--- What is being asked ---
The required output is the line containing "(nodes ++ (2, 20) ∷ [])" followed by each line through the end of the data below, repeated exactly and with nothing added.

Dataset entries
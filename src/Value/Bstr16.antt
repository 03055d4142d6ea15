-- ===== src/Value/Bstr16.antt =====
-- Byte strings in the configuration: src/cw/cw_type_bstr16.c and src/cw/format_is_utf8.c.
use mathlib.Core.Bool.{false≢true}
use actube.Base.{
  ℕ, zero, suc, ◌≡◌, refl, sym, ◌∙◌, ◌⊎◌, inl, inr, arith, Bool, true, false, Option, none, some,
  List, [], ◌∷◌, ◌==◌, ◌&&◌, ◌||◌, not, ltb, leb, if◌then◌else◌, Bool-cases,
}
use actube.Value.Hex.{format_hex, scan_hex_bytes, AreBytes, scan_hex_bytes-format_hex}

-- How many bytes must follow a first byte; `none` if it is none.
abbrev pub following : ℕ → Option ℕ
following c =
    if ltb c 0x20
    then none
    else if leb c 0x7f
    then some 0
    else if leb 0xc0 c && leb c 0xdf
    then some 1
    else if leb 0xe0 c && leb c 0xef
    then some 2
    else if leb 0xf0 c && leb c 0xf4
    then some 3
    else none

abbrev pub continues : ℕ → Bool
continues c = leb 0x80 c && leb c 0xbf

-- `bytes` more bytes are expected before the next character starts.
unfoldable pub utf8_from : ℕ → List ℕ → Bool
utf8_from bytes [] = bytes == 0
utf8_from zero (c ∷ cs) = elim (following c) [ none ↦ false | some n ↦ utf8_from n cs ]
utf8_from (suc bytes) (c ∷ cs) = if continues c then utf8_from bytes cs else false

unfoldable pub format_is_utf8 : List ℕ → Bool
unfolding utf8_from
format_is_utf8 s = utf8_from 0 s

-- The text that `bread` passes to `cw_cfg_set`.
unfoldable pub bread : List ℕ → List ℕ
bread src = if format_is_utf8 src then src else b'.' ∷ b'x' ∷ format_hex src

-- The bytes that `xput` copies for a text.
unfoldable pub xput : List ℕ → List ℕ
xput [] = []
xput (c ∷ []) = c ∷ []
xput (c ∷ d ∷ []) = c ∷ d ∷ []
xput (c ∷ d ∷ e ∷ s) =
    if not (c == b'.')
    then c ∷ d ∷ e ∷ s
    else if d == b'.'
    then d ∷ e ∷ s
    else if not (d == b'x')
    then c ∷ d ∷ e ∷ s
    else scan_hex_bytes (e ∷ s)

-- A text of more than two characters that starts with a dot and a dot or an x.
abbrev pub is_marked : List ℕ → Bool
is_marked [] = false
is_marked (c ∷ []) = false
is_marked (c ∷ d ∷ []) = false
is_marked (c ∷ d ∷ e ∷ s) = c == b'.' && (d == b'.' || d == b'x')

xput_plain : (s : List ℕ) → is_marked s ≡ false → xput s ≡ s
unfolding xput
xput_plain [] h = refl
xput_plain (c ∷ []) h = refl
xput_plain (c ∷ d ∷ []) h = refl
xput_plain (c ∷ d ∷ e ∷ s) h = ground arith

hex_back :
    (src : List ℕ)
    → format_is_utf8 src ≡ false
    → AreBytes src
    → xput (b'.' ∷ b'x' ∷ format_hex src) ≡ src
unfolding xput format_hex format_is_utf8
hex_back [] h bytes = absurd (false≢true (sym h))
hex_back (b ∷ bs) h bytes = scan_hex_bytes-format_hex (b ∷ bs) bytes

not_marked :
    (src : List ℕ)
    → format_is_utf8 src ≡ true
    → (format_is_utf8 src ≡ false) ⊎ (is_marked src ≡ false)
    → is_marked src ≡ false
not_marked src text (inl binary) = absurd (false≢true (sym binary ∙ text))
not_marked src text (inr plain) = plain

-- Bytes that come from a message are put into one unchanged, in whichever form the configuration
-- keeps them, unless they are a UTF-8 text which starts with one of the two marks.
pub xput-bread :
    (src : List ℕ)
    → AreBytes src
    → (format_is_utf8 src ≡ false) ⊎ (is_marked src ≡ false)
    → xput (bread src) ≡ src
unfolding bread
xput-bread src bytes h = elim (Bool-cases (format_is_utf8 src)) [
  | inl text ↦ rw text (xput_plain src (not_marked src text h))
  | inr binary ↦ rw binary (hex_back src binary bytes)
]
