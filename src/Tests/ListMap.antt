-- ===== src/Tests/ListMap.antt =====
-- A tree of src/cw/msgset.c, by a list with no two elements that compare equal. It meets the laws of `Mavl`.
use mathlib.Core.Option.{some-injective, none-ne-some}
use actube.Base.{
  ◌≡◌, refl, sym, ap, ◌∙◌, inl, inr, Bool, true, Option, none, some, List, [], ◌∷◌, ◌++◌,
  if◌then◌else◌, Bool-cases,
}
use actube.MsgSet.Mavl.{Mavl, In, or_else}
use actube.MsgSet.Elements.{
  look, replace, delete, Once, nothing, first, IsSame, look_same, look-replace, look-append,
  look-delete, replace-Once, append-Once, delete-Once,
}

module _ {A : Type 0} (same : A → A → Bool) (eqv : IsSame same)
    (same_self : (x : A) → same x x ≡ true) where
  abbrev Items : Type 0
  Items = (xs : List A) × Once same xs

  abbrev insert_at :
      (xs : List A) → Once same xs → (x : A) (o : Option A) → look same xs x ≡ o → Items
  insert_at xs once x none e = (xs ++ x ∷ [], append-Once same eqv xs x e once)
  insert_at xs once x (some d) e = (xs, once)

  pub look-same : (xs : List A) (x e : A) → look same xs x ≡ some e → same e x ≡ true
  unfolding look
  look-same [] x e h = absurd (none-ne-some e h)
  look-same (y ∷ ys) x e h = elim (Bool-cases (same y x)) [
    | inl here ↦
        ap (λ k. same k x)
          (sym (some-injective y e (ap (λ b. if b then some y else look same ys x) (sym here) ∙ h)))
        ∙ here
    | inr other ↦ look-same ys x e (ap (λ b. if b then some y else look same ys x) (sym other) ∙ h)
  ]

  pub look-nil : (x : A) → look same [] x ≡ none
  unfolding look
  look-nil x = refl

  pub look-In : (xs : List A) (y z : A) → look same xs y ≡ some z → In z xs
  unfolding look
  look-In [] y z h = absurd (none-ne-some z h)
  look-In (w ∷ ws) y z h = elim (Bool-cases (same w y)) [
    | inl here ↦
        inl
          (sym (some-injective w z (ap (λ b. if b then some w else look same ws y) (sym here) ∙ h)))
    | inr other ↦
        inr (look-In ws y z (ap (λ b. if b then some w else look same ws y) (sym other) ∙ h))
  ]

  pub In-look : (xs : List A) (x : A) → Once same xs → In x xs → look same xs x ≡ some x
  unfolding look
  In-look [] x once i = absurd i
  In-look (y ∷ ys) x (first f once) (inl here) =
      ap (look same (y ∷ ys)) here
      ∙ ap (λ b. if b then some y else look same ys y) (same_self y)
      ∙ ap some (sym here)
  In-look (y ∷ ys) x (first f once) (inr later) = elim (Bool-cases (same y x)) [
    | inl same_one ↦
        absurd
          (none-ne-some x (sym f ∙ look_same same eqv y x ys same_one ∙ In-look ys x once later))
    | inr other ↦ rw other (In-look ys x once later)
  ]

  pub get-insert_at :
      (xs : List A) (once : Once same xs) (x y : A) (o : Option A) (e : look same xs x ≡ o)
      → look same (insert_at xs once x o e).0 y
        ≡ (if same x y then some (or_else o x) else look same xs y)
  get-insert_at xs once x y none e = look-append same eqv xs x y e
  get-insert_at xs once x y (some d) e = elim (Bool-cases (same x y)) [
    | inl here ↦ rw here (sym (look_same same eqv x y xs here) ∙ e)
    | inr other ↦ rw other refl
  ]

  unfoldable pub list_map : Mavl A same
  list_map = record {
    Tree = Items;
    empty = ([], nothing);
    get = λ t x. look same t.0 x;
    insert = λ t x. insert_at t.0 t.1 x (look same t.0 x) refl;
    store = λ t x. (replace same t.0 x, replace-Once same eqv t.0 x t.1);
    del = λ t x. (delete same t.0 x, delete-Once same eqv t.0 x t.1);
    to_list = λ t. t.0;
    get-same = λ t x e h. look-same t.0 x e h;
    get-cong = λ t x y h. look_same same eqv x y t.0 h;
    get-empty = λ x. look-nil x;
    get-insert = λ t x y. get-insert_at t.0 t.1 x y (look same t.0 x) refl;
    get-store = λ t x e y h. look-replace same eqv t.0 x y e h;
    get-del = λ t x y. look-delete same eqv t.0 x y t.1;
    listed = λ t x h. look-In t.0 x x h;
    found = λ t x i. In-look t.0 x t.1 i;
  }
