-- ===== src/Tests/Lists.antt =====
-- Examples for the list of src/cw/mlist_*.c: a list of one element at address 1.
use actube.Base.{ℕ, ◌≡◌, refl, arith, Bool, none, some, List, [], ◌∷◌, ◌++◌, ◌==◌}
use actube.MList.{Node, MList, append, replace}
use actube.MList.Chain.{end, node, Fresh, nowhere, not_here, no_nodes, first_fresh, Represents}
use actube.MList.Append.{append-Represents}
use actube.MList.Find.{first_same, replace_first, replace-Represents}

abbrev store : ℕ → Node ℕ
store i = record { prev = none; next = none; elem = 10 }

abbrev header : MList
header = record { first = some 1; last = some 1; count = 1 }

abbrev nodes : List (ℕ × ℕ)
nodes = (1, 10) ∷ []

store-Represents : Represents store header nodes
store-Represents = record {
  chain = node refl refl refl end;
  distinct = first_fresh nowhere no_nodes;
  counted = refl;
}

two-Fresh : Fresh 2 nodes
two-Fresh = not_here (λ e. absurd (omega (arith, e))) nowhere

append-Represents_example :
    (store' : ℕ → Node ℕ) × (l' : MList) × (append (some 2) store header 20 ≡ (store', l', some 2))
    × Represents store' l' (nodes ++ (2, 20) ∷ [])
append-Represents_example =
    append-Represents store (some 1) (some 1) 1 2 20 nodes store-Represents two-Fresh

abbrev equal : ℕ → ℕ → Bool
equal a b = a == b

replace-Represents_example :
    ((replace equal store header 10).1 ≡ first_same equal 10 nodes)
    × Represents (replace equal store header 10).0 header (replace_first equal 10 nodes)
replace-Represents_example = replace-Represents equal 10 store header nodes store-Represents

--- Solution to the exercise ---
    × Represents store' l' (nodes ++ (2, 20) ∷ [])
append-Represents_example =
    append-Represents store (some 1) (some 1) 1 2 20 nodes store-Represents two-Fresh

abbrev equal : ℕ → ℕ → Bool
equal a b = a == b

replace-Represents_example :
    ((replace equal store header 10).1 ≡ first_same equal 10 nodes)
    × Represents (replace equal store header 10).0 header (replace_first equal 10 nodes)
replace-Represents_example = replace-Represents equal 10 store header nodes store-Represents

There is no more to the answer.